**Collected data:**
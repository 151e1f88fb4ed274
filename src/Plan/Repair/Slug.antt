-- ===== src/Plan/Repair/Slug.antt =====
-- `slug` of app/projection-repair-pr-plan.ts, which makes a piece of a branch's name of a text.
use admissorium.Prelude.{
  ℕ, zero, suc, Char, code, String, ◌≡◌, refl, Bool, true, false, ◌&&◌, ◌||◌, leb, nat_eq, arith,
  if◌then◌else◌,
}
use admissorium.Text.{is_empty, to_lower_case}

-- the characters `a-z0-9`
abbrev is_kept : ℕ → Bool
is_kept c = leb b'a' c && leb c b'z' || leb b'0' c && leb c b'9'

-- `.replace(/[^a-z0-9]+/g, "-")`; within a run, its dash is already there
dash_runs : (within : Bool) → String → String
dash_runs within String.[] = ""
dash_runs within (String.◌∷◌ c s) =
    let kept = String.◌∷◌ c (dash_runs false s) in
    let rest = dash_runs true s in
    if is_kept (code c) then kept else if within then rest else String.◌∷◌ "-" rest

-- `.replace(/^-+|-+$/g, "")`
drop_dashes : String → String
drop_dashes String.[] = ""
drop_dashes (String.◌∷◌ c s) =
    let rest = drop_dashes s in if nat_eq (code c) b'-' then rest else String.◌∷◌ c s

drop_last_dashes : String → String
drop_last_dashes String.[] = ""
drop_last_dashes (String.◌∷◌ c s) =
    let rest = drop_last_dashes s in
    if is_empty rest && nat_eq (code c) b'-' then "" else String.◌∷◌ c rest

-- `.slice(0, n)`, on a text of ASCII
take_chars : ℕ → String → String
take_chars zero s = ""
take_chars (suc n) String.[] = ""
take_chars (suc n) (String.◌∷◌ c s) = String.◌∷◌ c (take_chars n s)

abbrev or_repair : String → String
or_repair s = if is_empty s then "projection-repair" else s

unfoldable pub slug : (small_letters : Char → String) → String → String
unfolding dash_runs drop_dashes drop_last_dashes take_chars
slug small_letters value = or_repair (
    take_chars 64
      (drop_last_dashes (drop_dashes (dash_runs false (to_lower_case small_letters value)))))

-- only the characters `a-z`, `0-9` and `-`
unfoldable pub is_branch_text : String → Bool
is_branch_text String.[] = true
is_branch_text (String.◌∷◌ c s) = (is_kept (code c) || nat_eq (code c) b'-') && is_branch_text s

dash_runs-branch : (within : Bool) (s : String) → is_branch_text (dash_runs within s) ≡ true
unfolding is_branch_text dash_runs
dash_runs-branch within String.[] = refl
dash_runs-branch within (String.◌∷◌ c s) =
    let kept = dash_runs-branch false s in let rest = dash_runs-branch true s in ground arith

drop_dashes-branch : (s : String) → is_branch_text s ≡ true → is_branch_text (drop_dashes s) ≡ true
unfolding is_branch_text drop_dashes
drop_dashes-branch String.[] h = refl
drop_dashes-branch (String.◌∷◌ c s) h =
    let rest = drop_dashes-branch s (ground arith) in ground arith

drop_last_dashes-branch :
    (s : String) → is_branch_text s ≡ true → is_branch_text (drop_last_dashes s) ≡ true
unfolding is_branch_text drop_last_dashes
drop_last_dashes-branch String.[] h = refl
drop_last_dashes-branch (String.◌∷◌ c s) h =
    let rest = drop_last_dashes-branch s (ground arith) in ground arith

take_chars-branch :
    (n : ℕ) (s : String) → is_branch_text s ≡ true → is_branch_text (take_chars n s) ≡ true
unfolding is_branch_text take_chars
take_chars-branch zero s h = refl
take_chars-branch (suc n) String.[] h = refl
take_chars-branch (suc n) (String.◌∷◌ c s) h =
    let rest = take_chars-branch n s (ground arith) in ground arith

or_repair-branch :
    (s : String)
    → is_branch_text s ≡ true
    → (is_branch_text (or_repair s) ≡ true) × (is_empty (or_repair s) ≡ false)
unfolding is_branch_text
or_repair-branch String.[] h = (refl, refl)
or_repair-branch (String.◌∷◌ c s) h = (h, refl)

-- A slug is never empty and has only small ASCII letters, digits and dashes, whatever it is made of.
slug-branch :
    (small_letters : Char → String) (value : String)
    → (is_branch_text (slug small_letters value) ≡ true)
      × (is_empty (slug small_letters value) ≡ false)
unfolding slug
slug-branch small_letters value = or_repair-branch _ (
    take_chars-branch 64 _ (
      drop_last_dashes-branch _
        (drop_dashes-branch _ (dash_runs-branch false (to_lower_case small_letters value)))))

**AIM OF THE EXERCISE:** Transcribe, in full, each record that appears above.

**ANSWER FOR THIS EXERCISE:**
repository 151e1f88fb4ed274
filename src/Plan/Repair/Slug.antt
-- ===== src/Plan/Repair/Slug.antt =====
-- `slug` of app/projection-repair-pr-plan.ts, which makes a piece of a branch's name of a text.
use admissorium.Prelude.{
  ℕ, zero, suc, Char, code, String, ◌≡◌, refl, Bool, true, false, ◌&&◌, ◌||◌, leb, nat_eq, arith,
  if◌then◌else◌,
}
use admissorium.Text.{is_empty, to_lower_case}

-- the characters `a-z0-9`
abbrev is_kept : ℕ → Bool
is_kept c = leb b'a' c && leb c b'z' || leb b'0' c && leb c b'9'

-- `.replace(/[^a-z0-9]+/g, "-")`; within a run, its dash is already there
dash_runs : (within : Bool) → String → String
dash_runs within String.[] = ""
dash_runs within (String.◌∷◌ c s) =
    let kept = String.◌∷◌ c (dash_runs false s) in
    let rest = dash_runs true s in
    if is_kept (code c) then kept else if within then rest else String.◌∷◌ "-" rest

-- `.replace(/^-+|-+$/g, "")`
drop_dashes : String → String
drop_dashes String.[] = ""
drop_dashes (String.◌∷◌ c s) =
    let rest = drop_dashes s in if nat_eq (code c) b'-' then rest else String.◌∷◌ c s

drop_last_dashes : String → String
drop_last_dashes String.[] = ""
drop_last_dashes (String.◌∷◌ c s) =
    let rest = drop_last_dashes s in
    if is_empty rest && nat_eq (code c) b'-' then "" else String.◌∷◌ c rest

-- `.slice(0, n)`, on a text of ASCII
take_chars : ℕ → String → String
take_chars zero s = ""
take_chars (suc n) String.[] = ""
take_chars (suc n) (String.◌∷◌ c s) = String.◌∷◌ c (take_chars n s)

abbrev or_repair : String → String
or_repair s = if is_empty s then "projection-repair" else s

unfoldable pub slug : (small_letters : Char → String) → String → String
unfolding dash_runs drop_dashes drop_last_dashes take_chars
slug small_letters value = or_repair (
    take_chars 64
      (drop_last_dashes (drop_dashes (dash_runs false (to_lower_case small_letters value)))))

-- only the characters `a-z`, `0-9` and `-`
unfoldable pub is_branch_text : String → Bool
is_branch_text String.[] = true
is_branch_text (String.◌∷◌ c s) = (is_kept (code c) || nat_eq (code c) b'-') && is_branch_text s

dash_runs-branch : (within : Bool) (s : String) → is_branch_text (dash_runs within s) ≡ true
unfolding is_branch_text dash_runs
dash_runs-branch within String.[] = refl
dash_runs-branch within (String.◌∷◌ c s) =
    let kept = dash_runs-branch false s in let rest = dash_runs-branch true s in ground arith

drop_dashes-branch : (s : String) → is_branch_text s ≡ true → is_branch_text (drop_dashes s) ≡ true
unfolding is_branch_text drop_dashes
drop_dashes-branch String.[] h = refl
drop_dashes-branch (String.◌∷◌ c s) h =
    let rest = drop_dashes-branch s (ground arith) in ground arith

drop_last_dashes-branch :
    (s : String) → is_branch_text s ≡ true → is_branch_text (drop_last_dashes s) ≡ true
unfolding is_branch_text drop_last_dashes
drop_last_dashes-branch String.[] h = refl
drop_last_dashes-branch (String.◌∷◌ c s) h =
    let rest = drop_last_dashes-branch s (ground arith) in ground arith

take_chars-branch :
    (n : ℕ) (s : String) → is_branch_text s ≡ true → is_branch_text (take_chars n s) ≡ true
unfolding is_branch_text take_chars
take_chars-branch zero s h = refl
take_chars-branch (suc n) String.[] h = refl
take_chars-branch (suc n) (String.◌∷◌ c s) h =
    let rest = take_chars-branch n s (ground arith) in ground arith

or_repair-branch :
    (s : String)
    → is_branch_text s ≡ true
    → (is_branch_text (or_repair s) ≡ true) × (is_empty (or_repair s) ≡ false)
unfolding is_branch_text
or_repair-branch String.[] h = (refl, refl)
or_repair-branch (String.◌∷◌ c s) h = (h, refl)

-- A slug is never empty and has only small ASCII letters, digits and dashes, whatever it is made of.
slug-branch :
    (small_letters : Char → String) (value : String)
    → (is_branch_text (slug small_letters value) ≡ true)
      × (is_empty (slug small_letters value) ≡ false)
unfolding slug
slug-branch small_letters value = or_repair-branch _ (
    take_chars-branch 64 _ (
      drop_last_dashes-branch _
        (drop_dashes-branch _ (dash_runs-branch false (to_lower_case small_letters value)))))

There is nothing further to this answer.